— Your assignment —
Among the entries, which lines carry the string "antt"? Copy each of them.

(Provided data begins)

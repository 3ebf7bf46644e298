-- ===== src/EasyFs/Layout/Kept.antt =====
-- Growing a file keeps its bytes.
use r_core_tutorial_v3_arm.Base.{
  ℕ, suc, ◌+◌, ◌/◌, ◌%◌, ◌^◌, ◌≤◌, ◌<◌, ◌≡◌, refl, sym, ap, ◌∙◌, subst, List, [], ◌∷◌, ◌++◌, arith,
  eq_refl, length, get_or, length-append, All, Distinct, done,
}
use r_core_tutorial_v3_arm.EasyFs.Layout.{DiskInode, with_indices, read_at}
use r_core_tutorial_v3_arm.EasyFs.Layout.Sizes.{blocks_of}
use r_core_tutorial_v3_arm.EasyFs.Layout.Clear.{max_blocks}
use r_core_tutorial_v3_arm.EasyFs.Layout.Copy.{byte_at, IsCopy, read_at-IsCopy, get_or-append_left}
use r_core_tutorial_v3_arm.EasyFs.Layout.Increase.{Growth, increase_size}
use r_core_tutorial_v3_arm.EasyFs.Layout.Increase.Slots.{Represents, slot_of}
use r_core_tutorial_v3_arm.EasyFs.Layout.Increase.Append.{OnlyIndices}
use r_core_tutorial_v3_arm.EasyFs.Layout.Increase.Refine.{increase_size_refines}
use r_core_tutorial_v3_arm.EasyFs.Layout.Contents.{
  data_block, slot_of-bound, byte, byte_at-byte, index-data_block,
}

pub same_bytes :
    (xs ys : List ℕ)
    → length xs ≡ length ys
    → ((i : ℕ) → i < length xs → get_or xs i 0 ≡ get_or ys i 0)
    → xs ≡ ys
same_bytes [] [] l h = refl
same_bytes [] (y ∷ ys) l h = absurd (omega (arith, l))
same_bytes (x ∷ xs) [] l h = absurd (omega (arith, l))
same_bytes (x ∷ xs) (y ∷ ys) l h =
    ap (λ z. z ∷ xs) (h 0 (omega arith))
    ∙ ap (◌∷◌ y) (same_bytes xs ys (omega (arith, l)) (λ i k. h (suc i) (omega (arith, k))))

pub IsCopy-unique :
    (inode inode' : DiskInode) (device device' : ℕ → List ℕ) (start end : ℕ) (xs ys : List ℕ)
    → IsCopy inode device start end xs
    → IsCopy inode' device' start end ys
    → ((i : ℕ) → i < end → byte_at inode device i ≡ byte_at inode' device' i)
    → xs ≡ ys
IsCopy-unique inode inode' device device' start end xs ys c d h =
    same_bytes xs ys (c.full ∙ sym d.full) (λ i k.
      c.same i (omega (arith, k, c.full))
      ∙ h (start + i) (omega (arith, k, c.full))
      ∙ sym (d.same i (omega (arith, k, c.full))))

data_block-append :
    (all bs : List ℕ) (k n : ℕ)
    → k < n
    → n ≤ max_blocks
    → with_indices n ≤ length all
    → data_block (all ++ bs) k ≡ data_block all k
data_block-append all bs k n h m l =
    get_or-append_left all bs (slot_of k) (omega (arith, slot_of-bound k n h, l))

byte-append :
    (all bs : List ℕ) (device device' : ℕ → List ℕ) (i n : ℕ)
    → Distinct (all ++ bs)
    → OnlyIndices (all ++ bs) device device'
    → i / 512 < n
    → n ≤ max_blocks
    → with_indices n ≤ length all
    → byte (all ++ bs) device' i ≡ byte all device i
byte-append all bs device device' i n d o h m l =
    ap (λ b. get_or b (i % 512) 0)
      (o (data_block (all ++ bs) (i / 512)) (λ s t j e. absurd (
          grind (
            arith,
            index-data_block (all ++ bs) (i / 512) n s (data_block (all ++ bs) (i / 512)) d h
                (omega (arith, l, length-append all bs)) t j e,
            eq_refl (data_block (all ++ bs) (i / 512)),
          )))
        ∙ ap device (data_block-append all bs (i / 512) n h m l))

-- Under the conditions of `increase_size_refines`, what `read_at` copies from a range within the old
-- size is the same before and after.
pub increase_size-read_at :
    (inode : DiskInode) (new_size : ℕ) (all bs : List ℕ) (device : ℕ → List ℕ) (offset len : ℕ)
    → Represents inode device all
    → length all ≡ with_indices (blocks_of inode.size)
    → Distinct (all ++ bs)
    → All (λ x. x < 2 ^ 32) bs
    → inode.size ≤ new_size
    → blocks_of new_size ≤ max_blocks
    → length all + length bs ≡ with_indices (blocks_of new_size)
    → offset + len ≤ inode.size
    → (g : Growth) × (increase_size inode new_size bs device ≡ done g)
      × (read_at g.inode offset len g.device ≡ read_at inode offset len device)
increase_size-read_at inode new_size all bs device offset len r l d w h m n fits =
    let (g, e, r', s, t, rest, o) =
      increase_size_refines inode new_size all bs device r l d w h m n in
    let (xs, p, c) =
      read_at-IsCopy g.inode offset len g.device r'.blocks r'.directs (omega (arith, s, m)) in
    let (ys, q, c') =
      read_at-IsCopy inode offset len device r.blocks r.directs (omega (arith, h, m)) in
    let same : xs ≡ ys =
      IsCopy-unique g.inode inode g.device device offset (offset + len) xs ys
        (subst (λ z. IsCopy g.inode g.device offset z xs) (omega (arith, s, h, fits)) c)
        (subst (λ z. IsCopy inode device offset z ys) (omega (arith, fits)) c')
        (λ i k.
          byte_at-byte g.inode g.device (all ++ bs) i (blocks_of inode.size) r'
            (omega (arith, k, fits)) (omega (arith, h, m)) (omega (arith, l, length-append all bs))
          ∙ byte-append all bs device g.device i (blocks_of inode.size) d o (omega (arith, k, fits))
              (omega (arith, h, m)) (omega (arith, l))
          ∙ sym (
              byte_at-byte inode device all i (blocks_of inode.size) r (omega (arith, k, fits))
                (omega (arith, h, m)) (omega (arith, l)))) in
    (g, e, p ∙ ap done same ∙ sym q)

(Provided data ends)
(Provided data begins)

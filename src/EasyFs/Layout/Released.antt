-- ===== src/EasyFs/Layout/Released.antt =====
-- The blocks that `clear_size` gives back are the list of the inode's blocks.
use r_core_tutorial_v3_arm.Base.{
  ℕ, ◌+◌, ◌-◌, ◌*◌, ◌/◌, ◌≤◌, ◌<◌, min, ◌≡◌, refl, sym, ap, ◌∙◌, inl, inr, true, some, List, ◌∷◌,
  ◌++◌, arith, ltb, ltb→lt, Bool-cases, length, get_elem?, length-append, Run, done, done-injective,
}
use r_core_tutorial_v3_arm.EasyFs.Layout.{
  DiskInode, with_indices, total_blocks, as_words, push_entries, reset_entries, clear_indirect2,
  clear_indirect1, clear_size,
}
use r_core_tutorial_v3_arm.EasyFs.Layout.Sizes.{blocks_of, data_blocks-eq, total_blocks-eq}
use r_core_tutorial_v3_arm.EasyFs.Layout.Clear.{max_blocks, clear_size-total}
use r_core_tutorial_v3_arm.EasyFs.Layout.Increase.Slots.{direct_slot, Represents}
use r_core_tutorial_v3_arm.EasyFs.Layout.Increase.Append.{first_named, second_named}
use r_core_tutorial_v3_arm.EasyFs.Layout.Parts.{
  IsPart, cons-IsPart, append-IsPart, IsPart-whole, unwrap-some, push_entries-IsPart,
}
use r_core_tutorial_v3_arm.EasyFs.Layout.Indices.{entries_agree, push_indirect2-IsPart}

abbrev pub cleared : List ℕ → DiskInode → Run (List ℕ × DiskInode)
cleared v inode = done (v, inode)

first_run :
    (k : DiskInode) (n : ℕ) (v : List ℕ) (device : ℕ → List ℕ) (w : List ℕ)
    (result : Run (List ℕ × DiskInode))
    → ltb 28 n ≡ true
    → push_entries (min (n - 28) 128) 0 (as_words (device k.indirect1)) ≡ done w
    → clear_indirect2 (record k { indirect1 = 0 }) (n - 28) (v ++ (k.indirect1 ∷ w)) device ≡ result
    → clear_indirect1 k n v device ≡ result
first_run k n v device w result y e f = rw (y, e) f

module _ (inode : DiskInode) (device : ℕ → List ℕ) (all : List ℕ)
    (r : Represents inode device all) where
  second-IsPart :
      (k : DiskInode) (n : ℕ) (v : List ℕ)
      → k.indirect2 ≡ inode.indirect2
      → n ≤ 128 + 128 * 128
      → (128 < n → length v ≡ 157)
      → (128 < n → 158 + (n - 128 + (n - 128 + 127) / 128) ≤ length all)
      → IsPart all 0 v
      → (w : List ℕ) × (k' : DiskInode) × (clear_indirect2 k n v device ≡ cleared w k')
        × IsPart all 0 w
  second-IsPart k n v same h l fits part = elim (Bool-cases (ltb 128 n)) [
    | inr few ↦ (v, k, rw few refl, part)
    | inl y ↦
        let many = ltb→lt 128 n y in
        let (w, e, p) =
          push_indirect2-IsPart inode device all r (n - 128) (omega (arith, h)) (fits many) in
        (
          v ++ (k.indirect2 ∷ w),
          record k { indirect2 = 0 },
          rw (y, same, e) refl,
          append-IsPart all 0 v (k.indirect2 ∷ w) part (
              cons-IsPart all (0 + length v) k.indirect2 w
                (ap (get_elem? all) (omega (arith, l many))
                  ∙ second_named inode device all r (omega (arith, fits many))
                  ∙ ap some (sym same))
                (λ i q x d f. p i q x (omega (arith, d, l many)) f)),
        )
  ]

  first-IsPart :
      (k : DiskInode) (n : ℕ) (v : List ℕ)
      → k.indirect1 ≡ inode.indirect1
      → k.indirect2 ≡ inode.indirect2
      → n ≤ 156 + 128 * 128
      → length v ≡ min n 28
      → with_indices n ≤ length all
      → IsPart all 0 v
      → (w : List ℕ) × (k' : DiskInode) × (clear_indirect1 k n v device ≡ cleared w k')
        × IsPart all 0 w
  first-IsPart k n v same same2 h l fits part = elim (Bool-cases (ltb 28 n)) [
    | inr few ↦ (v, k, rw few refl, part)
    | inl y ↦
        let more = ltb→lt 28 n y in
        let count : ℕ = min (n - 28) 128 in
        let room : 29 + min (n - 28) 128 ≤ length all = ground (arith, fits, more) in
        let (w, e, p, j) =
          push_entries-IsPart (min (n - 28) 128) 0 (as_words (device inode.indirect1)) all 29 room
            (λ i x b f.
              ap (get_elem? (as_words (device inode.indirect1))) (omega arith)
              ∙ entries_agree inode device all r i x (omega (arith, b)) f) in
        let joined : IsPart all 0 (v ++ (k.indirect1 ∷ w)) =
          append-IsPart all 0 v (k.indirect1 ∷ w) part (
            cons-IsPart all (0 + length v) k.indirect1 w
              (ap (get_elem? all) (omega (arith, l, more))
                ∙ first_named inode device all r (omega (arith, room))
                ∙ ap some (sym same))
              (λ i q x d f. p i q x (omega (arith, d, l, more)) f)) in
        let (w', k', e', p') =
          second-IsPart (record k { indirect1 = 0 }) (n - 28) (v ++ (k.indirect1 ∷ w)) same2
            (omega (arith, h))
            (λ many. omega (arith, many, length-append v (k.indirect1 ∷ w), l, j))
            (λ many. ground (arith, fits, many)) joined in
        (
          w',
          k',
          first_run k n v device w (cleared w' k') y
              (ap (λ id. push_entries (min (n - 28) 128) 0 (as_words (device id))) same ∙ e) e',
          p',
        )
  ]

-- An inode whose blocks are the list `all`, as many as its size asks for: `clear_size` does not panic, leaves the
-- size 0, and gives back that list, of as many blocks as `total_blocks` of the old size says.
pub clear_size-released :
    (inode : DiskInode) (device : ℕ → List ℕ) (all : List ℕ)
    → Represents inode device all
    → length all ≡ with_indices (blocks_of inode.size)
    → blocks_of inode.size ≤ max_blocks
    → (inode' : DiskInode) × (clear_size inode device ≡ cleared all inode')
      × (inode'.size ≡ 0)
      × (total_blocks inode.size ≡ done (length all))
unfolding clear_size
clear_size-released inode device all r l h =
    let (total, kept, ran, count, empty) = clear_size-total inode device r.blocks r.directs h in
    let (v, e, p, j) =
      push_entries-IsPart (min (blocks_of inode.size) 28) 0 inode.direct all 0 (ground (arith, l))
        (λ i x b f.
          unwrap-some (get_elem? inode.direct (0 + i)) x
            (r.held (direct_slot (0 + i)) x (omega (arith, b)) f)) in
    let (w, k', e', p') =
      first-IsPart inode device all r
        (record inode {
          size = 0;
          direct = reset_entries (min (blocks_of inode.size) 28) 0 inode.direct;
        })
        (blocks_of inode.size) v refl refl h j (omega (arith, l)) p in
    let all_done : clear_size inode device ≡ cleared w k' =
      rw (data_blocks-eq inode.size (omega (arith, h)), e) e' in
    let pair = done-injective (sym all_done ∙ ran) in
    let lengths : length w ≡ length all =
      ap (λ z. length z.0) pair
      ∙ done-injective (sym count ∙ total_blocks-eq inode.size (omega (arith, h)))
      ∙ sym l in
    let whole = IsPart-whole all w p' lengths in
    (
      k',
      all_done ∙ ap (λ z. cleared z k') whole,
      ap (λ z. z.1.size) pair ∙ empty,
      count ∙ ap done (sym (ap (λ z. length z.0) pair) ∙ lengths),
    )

(Provided data ends)
(Provided data begins)

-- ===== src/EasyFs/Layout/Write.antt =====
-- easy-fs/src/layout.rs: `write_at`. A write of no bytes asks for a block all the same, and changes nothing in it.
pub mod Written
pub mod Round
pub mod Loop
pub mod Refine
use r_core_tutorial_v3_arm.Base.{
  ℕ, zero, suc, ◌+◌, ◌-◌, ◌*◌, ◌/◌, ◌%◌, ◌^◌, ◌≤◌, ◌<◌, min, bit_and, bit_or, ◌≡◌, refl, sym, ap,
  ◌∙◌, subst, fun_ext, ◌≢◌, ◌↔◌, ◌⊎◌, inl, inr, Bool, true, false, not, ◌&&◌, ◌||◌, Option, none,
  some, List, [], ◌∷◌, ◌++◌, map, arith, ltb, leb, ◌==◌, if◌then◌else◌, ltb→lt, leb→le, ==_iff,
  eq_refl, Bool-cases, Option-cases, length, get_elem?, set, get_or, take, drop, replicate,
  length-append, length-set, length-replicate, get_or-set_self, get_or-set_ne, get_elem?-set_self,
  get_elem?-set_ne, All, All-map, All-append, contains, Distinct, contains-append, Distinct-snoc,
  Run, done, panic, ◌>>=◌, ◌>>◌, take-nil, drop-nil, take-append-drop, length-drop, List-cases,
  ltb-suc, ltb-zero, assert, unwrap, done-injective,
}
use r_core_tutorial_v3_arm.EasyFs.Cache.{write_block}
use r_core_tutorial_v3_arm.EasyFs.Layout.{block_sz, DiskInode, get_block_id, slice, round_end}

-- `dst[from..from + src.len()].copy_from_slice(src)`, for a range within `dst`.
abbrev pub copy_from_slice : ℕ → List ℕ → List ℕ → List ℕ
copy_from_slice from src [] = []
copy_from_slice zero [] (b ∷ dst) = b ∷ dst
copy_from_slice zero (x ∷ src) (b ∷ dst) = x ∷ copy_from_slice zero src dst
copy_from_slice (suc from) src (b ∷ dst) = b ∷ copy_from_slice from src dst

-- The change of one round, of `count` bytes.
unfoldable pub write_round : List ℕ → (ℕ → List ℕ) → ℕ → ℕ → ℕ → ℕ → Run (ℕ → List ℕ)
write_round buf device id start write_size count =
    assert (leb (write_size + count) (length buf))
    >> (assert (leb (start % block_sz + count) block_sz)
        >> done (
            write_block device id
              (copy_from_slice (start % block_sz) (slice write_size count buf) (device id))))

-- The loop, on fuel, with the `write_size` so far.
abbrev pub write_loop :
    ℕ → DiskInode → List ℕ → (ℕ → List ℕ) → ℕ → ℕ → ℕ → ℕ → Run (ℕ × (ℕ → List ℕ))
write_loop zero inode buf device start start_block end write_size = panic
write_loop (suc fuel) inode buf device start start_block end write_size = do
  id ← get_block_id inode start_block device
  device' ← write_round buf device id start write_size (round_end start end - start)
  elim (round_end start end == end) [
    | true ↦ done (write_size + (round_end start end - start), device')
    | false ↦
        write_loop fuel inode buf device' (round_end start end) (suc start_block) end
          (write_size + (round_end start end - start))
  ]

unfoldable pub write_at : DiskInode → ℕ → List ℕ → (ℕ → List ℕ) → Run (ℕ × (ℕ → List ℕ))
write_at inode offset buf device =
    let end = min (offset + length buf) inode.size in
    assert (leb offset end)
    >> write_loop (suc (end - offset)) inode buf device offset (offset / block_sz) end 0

(Provided data ends)

— Exercise solution —
-- ===== src/EasyFs/Layout/Kept.antt =====
filename src/EasyFs/Layout/Released.antt
-- ===== src/EasyFs/Layout/Released.antt =====
-- ===== src/EasyFs/Layout/Write.antt =====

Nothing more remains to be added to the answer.